(Try it): Within the records below, reproduce without change the lines from the line that has "pub total_frames : ℕ" through the line that has "abbrev pub take_frame : Pmm → ℕ → Pmm", and only those.

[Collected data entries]

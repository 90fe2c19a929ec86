-- ===== src/Pmm.antt =====
-- kernel/mm/pmm.c: the physical memory manager, one bit for each 4 KiB frame.
-- The array of 32-bit words `bitmap` is held as the list of its bits, bit `b` of word `w` at index
-- `32 * w + b`. A set bit is a frame that is taken.
pub mod Bits
pub mod Inv
pub mod Alloc
pub mod Runs
pub mod Free
pub mod Init
mod Tests
use sifar_os.Common.{
  ℕ, zero, suc, ◌+◌, ◌-◌, ◌*◌, ◌/◌, ◌%◌, ◌^◌, Bool, true, false, ◌&&◌, ◌||◌, Option, none, some,
  List, [], ◌∷◌, if◌then◌else◌, ltb, leb, ◌==◌, min, max, not, get_or, set, replicate,
}

abbrev pub page_size : ℕ
page_size = 4096

-- USER_MIN, the end of the identity map.
abbrev pub max_managed_phys : ℕ
max_managed_phys = 0x40000000

abbrev pub inc32 : ℕ → ℕ
inc32 x = (x + 1) % 2 ^ 32

abbrev pub dec32 : ℕ → ℕ
dec32 x = (x + 2 ^ 32 - 1) % 2 ^ 32

pub record Pmm : Type 0 where
  pub bitmap : List Bool
  pub bitmap_words : ℕ
  pub total_frames : ℕ
  pub used_frames : ℕ
  pub total_bytes : ℕ

-- A read past the array counts as taken; `Inv` rules it out.
abbrev pub bit_test : Pmm → ℕ → Bool
bit_test p f = get_or p.bitmap f true

-- `bit_set(f); used_frames++` and `bit_clear(f); used_frames--`.
abbrev pub take_frame : Pmm → ℕ → Pmm
take_frame p f = record p { bitmap = set p.bitmap f true; used_frames = inc32 p.used_frames }

abbrev pub give_frame : Pmm → ℕ → Pmm
give_frame p f = record p { bitmap = set p.bitmap f false; used_frames = dec32 p.used_frames }

pub mark_used_one : Pmm → ℕ → Pmm
mark_used_one p f = if bit_test p f then p else take_frame p f

pub mark_free_one : Pmm → ℕ → Pmm
mark_free_one p f = if bit_test p f then give_frame p f else p

-- `for (f = first; f < last && f < total_frames; f++)`: the rounds left are counted down.
pub mark_used_loop : ℕ → ℕ → Pmm → Pmm
mark_used_loop zero f p = p
mark_used_loop (suc n) f p = mark_used_loop n (f + 1) (mark_used_one p f)

pub mark_free_loop : ℕ → ℕ → Pmm → Pmm
mark_free_loop zero f p = p
mark_free_loop (suc n) f p = mark_free_loop n (f + 1) (mark_free_one p f)

-- `if (end > MAX_MANAGED_PHYS) end = MAX_MANAGED_PHYS`
abbrev pub clamp_end : ℕ → ℕ
clamp_end end = min end max_managed_phys

pub mark_used : Pmm → ℕ → ℕ → Pmm
mark_used p base length =
    let end = clamp_end ((base + length) % 2 ^ 64) in
    let first = base / page_size in
    let last = (end + page_size - 1) / page_size in
    if leb end base then p else mark_used_loop (min last p.total_frames - first) first p

-- `end = base + length; if (end < base || end > MAX_MANAGED_PHYS) end = MAX_MANAGED_PHYS`
abbrev pub region_end : ℕ → ℕ → ℕ
region_end base length =
    let end = (base + length) % 2 ^ 64 in
    if ltb end base || ltb max_managed_phys end then max_managed_phys else end

pub mark_free : Pmm → ℕ → ℕ → Pmm
mark_free p base length =
    let end = region_end base length in
    let first = (base + page_size - 1) / page_size in
    let last = end / page_size in
    if leb max_managed_phys base || length == 0
    then p
    else mark_free_loop (min last p.total_frames - first) first p

-- `struct e820_entry`
pub record Region : Type 0 where
  pub base : ℕ
  pub length : ℕ
  pub type : ℕ

abbrev pub e820_usable : ℕ
e820_usable = 1

-- What pass 1 carries.
pub record Survey : Type 0 where
  pub highest : ℕ
  pub bytes : ℕ

pub survey_region : Survey → Region → Survey
survey_region s r =
    let end = region_end r.base r.length in
    if not (r.type == e820_usable) || r.length == 0 || leb max_managed_phys r.base || leb end r.base
    then s
    else record { highest = max s.highest end; bytes = (s.bytes + (end - r.base)) % 2 ^ 64 }

pub survey : Survey → List Region → Survey
survey s [] = s
survey s (r ∷ rs) = survey (survey_region s r) rs

-- `for (i ...) if (map[i].type == E820_USABLE) mark_free(...)`
pub release_regions : Pmm → List Region → Pmm
release_regions p [] = p
release_regions p (r ∷ rs) =
    release_regions (if r.type == e820_usable then mark_free p r.base r.length else p) rs

abbrev pub align_up : ℕ → ℕ → ℕ
align_up x a = (x + (a - 1)) / a * a

abbrev pub reserved_end : ℕ → ℕ → ℕ
reserved_end kernel_end words = align_up kernel_end 16 + words * 4

abbrev pub all_taken : Survey → Pmm
all_taken s =
    let frames = s.highest / page_size in
    let words = (frames + 31) / 32 in
    record {
      bitmap = replicate (words * 32) true;
      bitmap_words = words;
      total_frames = frames;
      used_frames = frames;
      total_bytes = s.bytes;
    }

-- `pmm_init`; `none` is a panic. `kernel_end` is the linker's address of the end of the image.
pub init : ℕ → List Region → Option Pmm
init kernel_end map =
    let s = survey (record { highest = 0; bytes = 0 }) map in
    let p = all_taken s in
    let end = reserved_end kernel_end p.bitmap_words in
    if p.total_frames == 0 || p.bitmap_words == 0
    then none
    else if leb max_managed_phys end
    then none
    else some (mark_used (release_regions p map) 0 (align_up end page_size))

-- The inner loop of `pmm_alloc_frame`: from bit `b` of word `w`, `n` bits left.
unfoldable pub scan_word : Pmm → ℕ → ℕ → ℕ → Option ℕ
scan_word p w zero b = none
scan_word p w (suc n) b =
    let frame = w * 32 + b in
    let rest = scan_word p w n (b + 1) in
    if leb p.total_frames frame then none else if bit_test p frame then rest else some frame

-- `bitmap[w] == 0xFFFFFFFF`, from bit `f` on.
unfoldable pub all_set : Pmm → ℕ → ℕ → Bool
all_set p zero f = true
all_set p (suc n) f = bit_test p f && all_set p n (f + 1)

-- The outer loop, `n` words left.
unfoldable pub scan_words : Pmm → ℕ → ℕ → Option ℕ
scan_words p zero w = none
scan_words p (suc n) w =
    let rest = scan_words p n (w + 1) in
    if all_set p 32 (w * 32)
    then rest
    else elim (scan_word p w 32 0) [ some f ↦ some f | none ↦ rest ]

-- `pmm_alloc_frame`: the address, and 0 when memory is out.
unfoldable pub alloc_frame : Pmm → ℕ × Pmm
alloc_frame p = elim (scan_words p p.bitmap_words 0) [
  | none ↦ (0, p)
  | some f ↦ (f * page_size % 2 ^ 32, take_frame p f)
]

-- The search of `pmm_alloc_frames`: `n` frames left, `run` free ones before `frame` from `start`.
pub find_run : Pmm → ℕ → ℕ → ℕ → ℕ → ℕ → Option ℕ
find_run p count zero frame run start = none
find_run p count (suc n) frame run start =
    let start' = if run == 0 then frame else start in
    let skip = find_run p count n (frame + 1) 0 start in
    let next = find_run p count n (frame + 1) (run + 1) start' in
    if bit_test p frame then skip else if run + 1 == count then some start' else next

-- `for (i = 0; i < count; i++) { bit_set(start + i); used_frames++; }`
pub take_run : ℕ → ℕ → Pmm → Pmm
take_run zero f p = p
take_run (suc n) f p = take_run n (f + 1) (take_frame p f)

pub alloc_frames : Pmm → ℕ → ℕ × Pmm
alloc_frames p count =
    if count == 0
    then (0, p)
    else if count == 1
    then alloc_frame p
    else if ltb p.total_frames count
    then (0, p)
    else elim (find_run p count p.total_frames 0 0 0) [
      | none ↦ (0, p)
      | some start ↦ (start * page_size % 2 ^ 32, take_run count start p)
    ]

pub free_frame : Pmm → ℕ → Pmm
free_frame p addr =
    let frame = addr / page_size in
    if addr % page_size == 0
    then (if leb p.total_frames frame
        then p
        else if bit_test p frame
        then give_frame p frame
        else p)
    else p

-- `for (i = 0; i < count; i++) pmm_free_frame(base + i * PAGE_SIZE)`
pub free_loop : ℕ → ℕ → ℕ → Pmm → Pmm
free_loop zero base i p = p
free_loop (suc n) base i p =
    free_loop n base (i + 1) (free_frame p ((base + i * page_size) % 2 ^ 32))

pub free_contiguous : Pmm → ℕ → ℕ → Pmm
free_contiguous p base count = if base % page_size == 0 then free_loop count base 0 p else p

pub free_frames : Pmm → ℕ
free_frames p = (p.total_frames + 2 ^ 32 - p.used_frames) % 2 ^ 32
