-- ===== src/Paging/Tables.antt =====
-- Entries, tables, and the mapping of one page.
use sifar_os.Common.{
  ℕ, ◌+◌, ◌-◌, ◌*◌, ◌/◌, ◌%◌, ◌^◌, Bool, true, false, ◌&&◌, ◌||◌, not, Option, none, some,
  if◌then◌else◌, ltb, leb, ◌==◌,
}
use sifar_os.Pmm.{Pmm, alloc_frame}

abbrev pub page_size : ℕ
page_size = 4096

abbrev pub user_min : ℕ
user_min = 0x40000000

abbrev pub user_max : ℕ
user_max = 0xD0000000

-- The bits of an entry.
abbrev pub is_present : ℕ → Bool
is_present e = e % 2 == 1

abbrev pub is_write : ℕ → Bool
is_write e = e / 2 % 2 == 1

abbrev pub is_user : ℕ → Bool
is_user e = e / 4 % 2 == 1

-- `e | PTE_PRESENT` and `e | PTE_USER`
abbrev pub set_present : ℕ → ℕ
set_present e = e / 2 * 2 + 1

abbrev pub set_user : ℕ → ℕ
set_user e = if is_user e then e else e + 4

-- The frame that an entry points to.
abbrev pub frame_of : ℕ → ℕ
frame_of e = e / page_size

pub record Vm : Type 0 where
  pub pmm : Pmm
  pub frames : ℕ → ℕ → ℕ
  pub mapped_pages : ℕ

-- A store to a word of a frame, and `memset` of a frame.
abbrev pub poke : (ℕ → ℕ → ℕ) → ℕ → ℕ → ℕ → ℕ → ℕ → ℕ
poke mem f i w g j = if g == f && j == i then w else mem g j

abbrev pub wipe : (ℕ → ℕ → ℕ) → ℕ → ℕ → ℕ → ℕ
wipe mem f g j = if g == f then 0 else mem g j

abbrev pub store : Vm → ℕ → ℕ → ℕ → Vm
store m f i w = record m { frames = poke m.frames f i w }

-- `virt >> 22` and `(virt >> 12) & 0x3FF`
abbrev pub dir_index : ℕ → ℕ
dir_index virt = virt / 2 ^ 22

abbrev pub table_index : ℕ → ℕ
table_index virt = virt / 2 ^ 12 % 1024

abbrev pub is_kernel_pde : ℕ → Bool
is_kernel_pde i = ltb i 256 || leb 832 i

abbrev pub user_page : ℕ → Bool
user_page virt = leb user_min virt && ltb virt user_max

-- `table_for` where the entry is not present: a fresh table. `addr` is what `pmm_alloc_frame` gave.
abbrev pub fresh_table : Vm → ℕ → ℕ → Bool → ℕ × Pmm → Option ℕ × Vm
fresh_table m pd i user (addr, pmm) = if addr == 0 then (none, record m { pmm = pmm }) else (
  some (frame_of addr),
  record m {
    pmm = pmm;
    frames = poke (wipe m.frames (frame_of addr)) pd i (addr + 3 + (if user then 4 else 0));
  },
)

-- `table_for`: the frame of the table. `user` is whether `extra_flags` has PTE_USER.
unfoldable pub table_for : Vm → ℕ → ℕ → Bool → Bool → Option ℕ × Vm
table_for m pd virt create user =
    let i = dir_index virt in
    let entry = m.frames pd i in
    if is_present entry
    then (some (frame_of entry), if user then store m pd i (set_user entry) else m)
    else if create
    then fresh_table m pd i user (alloc_frame m.pmm)
    else (none, m)

-- The store of `vmm_map_in`: `phys | (flags & 0xFFF) | PTE_PRESENT`, where `phys` is page aligned.
abbrev pub write_entry : ℕ → ℕ → ℕ → Option ℕ × Vm → Bool × Vm
write_entry virt phys flags (none, m) = (false, m)
write_entry virt phys flags (some t, m) =
    let i = table_index virt in
    (
      true,
      record m {
        mapped_pages =
            if is_present (m.frames t i) then m.mapped_pages else (m.mapped_pages + 1) % 2 ^ 32;
        frames = poke m.frames t i (phys + set_present (flags % page_size));
      },
    )

-- `vmm_map_in`; `false` is -1.
unfoldable pub map_in : Vm → ℕ → ℕ → ℕ → ℕ → Bool × Vm
unfolding table_for
map_in m pd virt phys flags =
    if not (virt % page_size == 0) || not (phys % page_size == 0)
    then (false, m)
    else if is_user flags && not (user_page virt)
    then (false, m)
    else write_entry virt phys flags (table_for m pd virt true (is_user flags))

-- The table of `table_for` without `create` and flags, which changes nothing.
unfoldable pub table_at : Vm → ℕ → ℕ → Option ℕ
table_at m pd virt =
    let entry = m.frames pd (dir_index virt) in
    if is_present entry then some (frame_of entry) else none

abbrev pub align_down : ℕ → ℕ
align_down x = x / page_size * page_size

abbrev pub align_up : ℕ → ℕ
align_up x = (x + (page_size - 1)) % 2 ^ 32 / page_size * page_size

abbrev pub clear_entry : Vm → ℕ → Option ℕ → Vm
clear_entry m virt none = m
clear_entry m virt (some t) =
    if is_present (m.frames t (table_index virt))
    then record m {
      frames = poke m.frames t (table_index virt) 0;
      mapped_pages = m.mapped_pages - 1;
    }
    else m

-- `vmm_unmap_in`
unfoldable pub unmap_in : Vm → ℕ → ℕ → Vm
unfolding table_at
unmap_in m pd virt = clear_entry m (align_down virt) (table_at m pd (align_down virt))

abbrev pub look_up : Vm → ℕ → Option ℕ → ℕ
look_up m virt none = 0
look_up m virt (some t) =
    let entry = m.frames t (table_index virt) in
    if is_present entry then align_down entry + virt % page_size else 0

-- `vmm_translate_in`
unfoldable pub translate_in : Vm → ℕ → ℕ → ℕ
unfolding table_at
translate_in m pd virt = look_up m virt (table_at m pd virt)
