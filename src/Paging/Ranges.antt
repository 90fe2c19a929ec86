-- ===== src/Paging/Ranges.antt =====
-- `vmm_access_ok_in`, `vmm_alloc_range` and `vmm_free_range`.
use sifar_os.Common.{
  ℕ, zero, suc, ◌+◌, ◌-◌, ◌/◌, ◌^◌, Bool, true, false, ◌&&◌, ◌||◌, not, Option, none, some,
  if◌then◌else◌, ltb, leb, ◌==◌,
}
use sifar_os.Pmm.{Pmm, alloc_frame, free_frame}
use sifar_os.Paging.Tables.{
  Vm, page_size, user_min, user_max, is_present, is_write, is_user, frame_of, wipe, dir_index,
  table_index, map_in, unmap_in, translate_in, align_down, align_up,
}

-- The checks of `vmm_access_ok_in` on one page.
unfoldable pub page_ok : Vm → ℕ → ℕ → Bool → Bool
page_ok m pd page write =
    let pde = m.frames pd (dir_index page) in
    let pte = m.frames (frame_of pde) (table_index page) in
    (is_present pde && is_user pde)
    && ((is_present pte && is_user pte) && not (write && not (is_write pte)))

-- The loop, `n` pages left.
unfoldable pub pages_ok : Vm → ℕ → ℕ → ℕ → Bool → Bool
unfolding page_ok
pages_ok m pd zero page write = true
pages_ok m pd (suc n) page write =
    let rest = pages_ok m pd n (page + page_size) write in
    page_ok m pd page write && (not (ltb (2 ^ 32 - 1 - page_size) page) && rest)

-- The pages that a range of addresses touches.
abbrev pub page_count : ℕ → ℕ → ℕ
page_count first end = (end - first + (page_size - 1)) / page_size

-- `vmm_access_ok_in`
unfoldable pub access_ok_in : Vm → ℕ → ℕ → ℕ → Bool → Bool
unfolding pages_ok
access_ok_in m pd start size write =
    if size == 0
    then true
    else if ltb start user_min || leb user_max start
    then false
    else if ltb user_max (start + size)
    then false
    else pages_ok m pd (page_count (align_down start) (start + size)) (align_down start) write

-- One round of `vmm_free_range`.
unfoldable pub free_page : Vm → ℕ → ℕ → Vm
free_page m pd page =
    let phys = translate_in m pd page in
    let m' = unmap_in m pd page in
    if phys == 0 then m else record m' { pmm = free_frame m'.pmm (align_down phys) }

unfoldable pub free_pages : Vm → ℕ → ℕ → ℕ → Vm
unfolding free_page
free_pages m pd zero page = m
free_pages m pd (suc n) page = free_pages (free_page m pd page) pd n (page + page_size)

-- `end64 > UINT32_MAX || end64 <= start`, for a size that is not 0.
abbrev pub bad_range : ℕ → ℕ → Bool
bad_range start size = ltb (2 ^ 32 - 1) (start + size)

-- `vmm_free_range`
unfoldable pub free_range : Vm → ℕ → ℕ → ℕ → Vm
unfolding free_pages
free_range m pd start size =
    if size == 0 || bad_range start size
    then m
    else if ltb (align_up (start + size)) (align_down start)
    then m
    else free_pages m pd ((align_up (start + size) - align_down start) / page_size)
        (align_down start)

-- The rollback of `vmm_alloc_range`, from the first page that it allocated on.
abbrev pub roll_back : Vm → ℕ → Option ℕ → ℕ → Vm
roll_back m pd none page = m
roll_back m pd (some first) page = free_range m pd first (page - first)

-- The end of one round, after `vmm_map_in`.
abbrev pub after_map : ℕ → Option ℕ → ℕ → ℕ → Bool × Vm → Bool × Vm
after_map pd first page addr (true, m) = (true, m)
after_map pd first page addr (false, m) =
    (false, roll_back (record m { pmm = free_frame m.pmm addr }) pd first page)

-- A round for a page that is not mapped; `addr` is what `pmm_alloc_frame` gave.
abbrev pub fill_page : Vm → ℕ → ℕ → Option ℕ → ℕ → ℕ × Pmm → Bool × Vm
fill_page m pd flags first page (addr, pmm) =
    if addr == 0
    then (false, roll_back (record m { pmm = pmm }) pd first page)
    else after_map pd first page addr
        (map_in (record m { pmm = pmm; frames = wipe m.frames (frame_of addr) }) pd page addr flags)

-- `rollback_first`, `none` as long as nothing was allocated.
abbrev pub or_first : Option ℕ → ℕ → Option ℕ
or_first none page = some page
or_first (some first) page = some first

abbrev pub is_some : Option ℕ → Bool
is_some none = false
is_some (some first) = true

-- The loop of `vmm_alloc_range`, `n` pages left.
unfoldable pub alloc_pages : Vm → ℕ → ℕ → Option ℕ → ℕ → ℕ → Bool × Vm
alloc_pages m pd flags first zero page = (true, m)
alloc_pages m pd flags first (suc n) page =
    let filled = fill_page m pd flags first page (alloc_frame m.pmm) in
    let skip = alloc_pages m pd flags first n (page + page_size) in
    let more = alloc_pages filled.1 pd flags (or_first first page) n (page + page_size) in
    if not (translate_in m pd page == 0)
    then (if is_some first then (false, roll_back m pd first page) else skip)
    else if filled.0
    then more
    else filled

-- `vmm_alloc_range`; `false` is -1.
unfoldable pub alloc_range : Vm → ℕ → ℕ → ℕ → ℕ → Bool × Vm
unfolding alloc_pages
alloc_range m pd start size flags =
    if size == 0
    then (true, m)
    else if bad_range start size
    then (false, m)
    else if is_user flags && (ltb start user_min || ltb user_max (start + size))
    then (false, m)
    else if ltb (align_up (start + size)) (align_down start)
    then (false, m)
    else alloc_pages m pd flags none ((align_up (start + size) - align_down start) / page_size)
        (align_down start)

(Task result):
  pub total_frames : ℕ
  pub used_frames : ℕ
  pub total_bytes : ℕ

-- A read past the array counts as taken; `Inv` rules it out.
abbrev pub bit_test : Pmm → ℕ → Bool
bit_test p f = get_or p.bitmap f true

-- `bit_set(f); used_frames++` and `bit_clear(f); used_frames--`.
abbrev pub take_frame : Pmm → ℕ → Pmm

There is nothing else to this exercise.